# Spanish Fort, AL planning some hives



## Crsswift70 (Sep 9, 2013)

Hello all. I have always wanted a bee hive or two and a co-worker starting three of his own last year really got my interest sparked again. I've done a lot of reading and watched quite a few videos on YouTube, got the wife's permission and am now reading through this forum for guidance! My co-worker lives on the MS line so it's a little far to drive to help him with his hives, and he only has three. Not to mention he knows about as much as i do when it comes to bees. It's been a painful experience for him and i am trying to avoid having too many of my own. Anyway, if anyone lives in close proximity to me, i'd love to take a look at your setup, help you with your bees and pick your brain! It looks like our golden rod is getting full of buds and fall is coming, so i'd like to get some experience on how to handle the coming season change. I'm a family man and work til 5 during the week, but my weekends can definitely be spent helping someone with their bees. Let me know! Thanks!

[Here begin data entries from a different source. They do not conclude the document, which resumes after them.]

-- ===== src/Args.antt =====
-- The arguments of a command, src/core/Globals.cpp: `GetInt`, `GetUInt`, `GetULongLong`, `GetFlag`,
-- `GetMultiUInt`, `GetFloat`, `GetMultiFloat` and `GetString`. A line is the list of its bytes. An
-- `int` is its pattern of 32 bits. `float` and the C library's conversions are parameters.
pub mod Laws
pub mod Slots
mod Tests
use penn_daq.Prelude.{
  ℕ, zero, suc, ◌+◌, ◌-◌, ◌*◌, ◌/◌, ◌%◌, List, [], ◌∷◌, Option, none, some, Bool, true, false, ◌&&◌,
  ◌==◌, ltb, if◌then◌else◌, get_or, set, length, drop, replicate, map, strncmp_eq,
}
use mathlib.Core.Option

-- `atoi`, `strtoul` and `strtoull` to the base 16, and `strtod`.
pub record Conversions (F : Type 0) : Type 0 where
  pub atoi : List ℕ → ℕ
  pub strtoul : List ℕ → ℕ
  pub strtoull : List ℕ → ℕ
  pub strtod : List ℕ → F

-- A word and the words that follow it; the empty word is none.
abbrev close_word : List ℕ → List (List ℕ) → List (List ℕ)
close_word [] words = words
close_word (c ∷ cs) words = (c ∷ cs) ∷ words

-- `strtok` on spaces, called until it returns NULL: the word that the line starts with, which is
-- empty if a space stands there, and the words behind it.
pub split : List ℕ → List ℕ × List (List ℕ)
split [] = ([], [])
split (c ∷ line) =
    let (word, words) = split line in
    if c == b' ' then ([], close_word word words) else (c ∷ word, words)

unfoldable pub tokens : List ℕ → List (List ℕ)
unfolding split
tokens line = close_word (split line).0 (split line).1

abbrev head_of : List (List ℕ) → Option (List ℕ)
head_of [] = none
head_of (w ∷ ws) = some w

-- The loop over the words: what follows the first word that matches.
unfoldable pub find_value : (List ℕ → Bool) → List (List ℕ) → Option (List ℕ)
find_value matches [] = none
find_value matches (w ∷ ws) =
    let rest = find_value matches ws in if matches w then head_of ws else rest

-- `words[0] == '-'` and `words[1] == flag`
unfoldable pub is_flag : ℕ → List ℕ → Bool
is_flag flag w = get_or w 0 0 == b'-' && get_or w 1 0 == flag

-- `words[0] == '-'` and `strncmp(&words[1], flag, flag_len) == 0`
unfoldable pub is_long_flag : List ℕ → ℕ → List ℕ → Bool
is_long_flag flag flag_len w = get_or w 0 0 == b'-' && strncmp_eq flag_len (drop 1 w) flag

abbrev converted {ℓ} : {A : Type ℓ} → (List ℕ → A) → A → Option (List ℕ) → A
converted convert dflt none = dflt
converted convert dflt (some w) = convert w

unfoldable pub get_flag : List ℕ → ℕ → Bool
get_flag input flag = any_flag flag (tokens input)
  where
    any_flag : ℕ → List (List ℕ) → Bool
    any_flag f [] = false
    any_flag f (w ∷ ws) = let rest = any_flag f ws in if is_flag f w then true else rest

-- The two ASCII digits that follow `-`: the loops over `i` and over `j`, from `k` on.
unfoldable pub digit_loop : ℕ → ℕ → ℕ → Option ℕ
digit_loop zero k c = none
digit_loop (suc n) k c = let rest = digit_loop n (suc k) c in if c == k + 48 then some k else rest

-- The place in `results` that a word names.
unfoldable pub slot_of : ℕ → List ℕ → Option ℕ
unfolding digit_loop
slot_of num w = elim (digit_loop (suc (num / 10)) 0 (get_or w 1 0)) [
  | none ↦ none
  | some i ↦ Option.map (λ j. i * 10 + j) (digit_loop (suc ((num - i * 10) % 10)) 0 (get_or w 2 0))
]

-- `results[k] = value`; none past the end of the array.
abbrev store {ℓ} : {A : Type ℓ} → List A → ℕ → A → Option (List A)
store results k value = if ltb k (length results) then some (set results k value) else none

module _ {A : Type 0} (convert : List ℕ → A) (num flag : ℕ) where
  -- The loop of `GetMultiUInt` and `GetMultiFloat`. A word that names a place takes the word after
  -- it as its value.
  pub multi_loop : List (List ℕ) → List A → Option (List A)
  multi_loop [] results = some results
  multi_loop (w ∷ []) results = some results
  multi_loop (w ∷ v ∷ ws) results =
      let skip = multi_loop (v ∷ ws) results in
      let all = multi_loop ws (replicate num (convert v)) in
      if get_or w 0 0 == b'-'
      then (if get_or w 1 0 == flag then all else elim (slot_of num w) [
        | none ↦ skip
        | some k ↦ elim (store results k (convert v)) [
          | none ↦ none
          | some results' ↦ multi_loop ws results'
        ]
      ])
      else skip

module _ {F : Type 0} (lib : Conversions F) where
  unfoldable pub get_int : List ℕ → ℕ → ℕ → ℕ
  get_int input flag dflt = converted lib.atoi dflt (find_value (is_flag flag) (tokens input))

  unfoldable pub get_uint : List ℕ → List ℕ → ℕ → ℕ → ℕ
  get_uint input flag dflt flag_len =
      converted lib.strtoul dflt (find_value (is_long_flag flag flag_len) (tokens input))

  unfoldable pub get_ulonglong : List ℕ → List ℕ → ℕ → ℕ → ℕ
  get_ulonglong input flag dflt flag_len =
      converted lib.strtoull dflt (find_value (is_long_flag flag flag_len) (tokens input))

  unfoldable pub get_float : List ℕ → ℕ → F → F
  get_float input flag dflt = converted lib.strtod dflt (find_value (is_flag flag) (tokens input))

  unfoldable pub get_multi_uint : List ℕ → ℕ → ℕ → ℕ → Option (List ℕ)
  unfolding multi_loop
  get_multi_uint input num flag dflt =
      multi_loop lib.strtoul num flag (tokens input) (replicate num dflt)

  unfoldable pub get_multi_float : List ℕ → ℕ → ℕ → F → Option (List F)
  unfolding multi_loop
  get_multi_float input num flag dflt =
      multi_loop lib.strtod num flag (tokens input) (replicate num dflt)

-- The last word that stands behind a word with the flag. A value is not looked at for flags.
unfoldable pub last_value : ℕ → List (List ℕ) → List ℕ → List ℕ
last_value flag [] result = result
last_value flag (w ∷ []) result = result
last_value flag (w ∷ v ∷ ws) result =
    let skip = last_value flag (v ∷ ws) result in
    let taken = last_value flag ws v in if is_flag flag w then taken else skip

unfoldable pub get_string : List ℕ → ℕ → List ℕ → List ℕ
get_string input flag dflt = last_value flag (tokens input) dflt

P.S. I've contacted the club listed in the forum that is closest to me, but haven't heard back. I don't think they are very active :scratch:

Oh, and a question. Is there a good place to get my bees close to Mobile?


----------



## AmericasBeekeeper (Jan 24, 2010)

Welcome 70!


----------



## Tenbears (May 15, 2012)

Welcome. Get a copy of bee culture. there are plenty of bee suppliers in your neck of the woods


----------



## Crsswift70 (Sep 9, 2013)

Thanks for the welcome and the suggestion about bee culture. I had not found that resource yet.


----------



## rhaldridge (Dec 17, 2012)

Baldwin County Beekeepers Association

http://baldwinbees.com/


----------



## Crsswift70 (Sep 9, 2013)

I found that site last week and asked for a mentor. So far no reply. I mentioned it in my OP. Thanks for the help though.


----------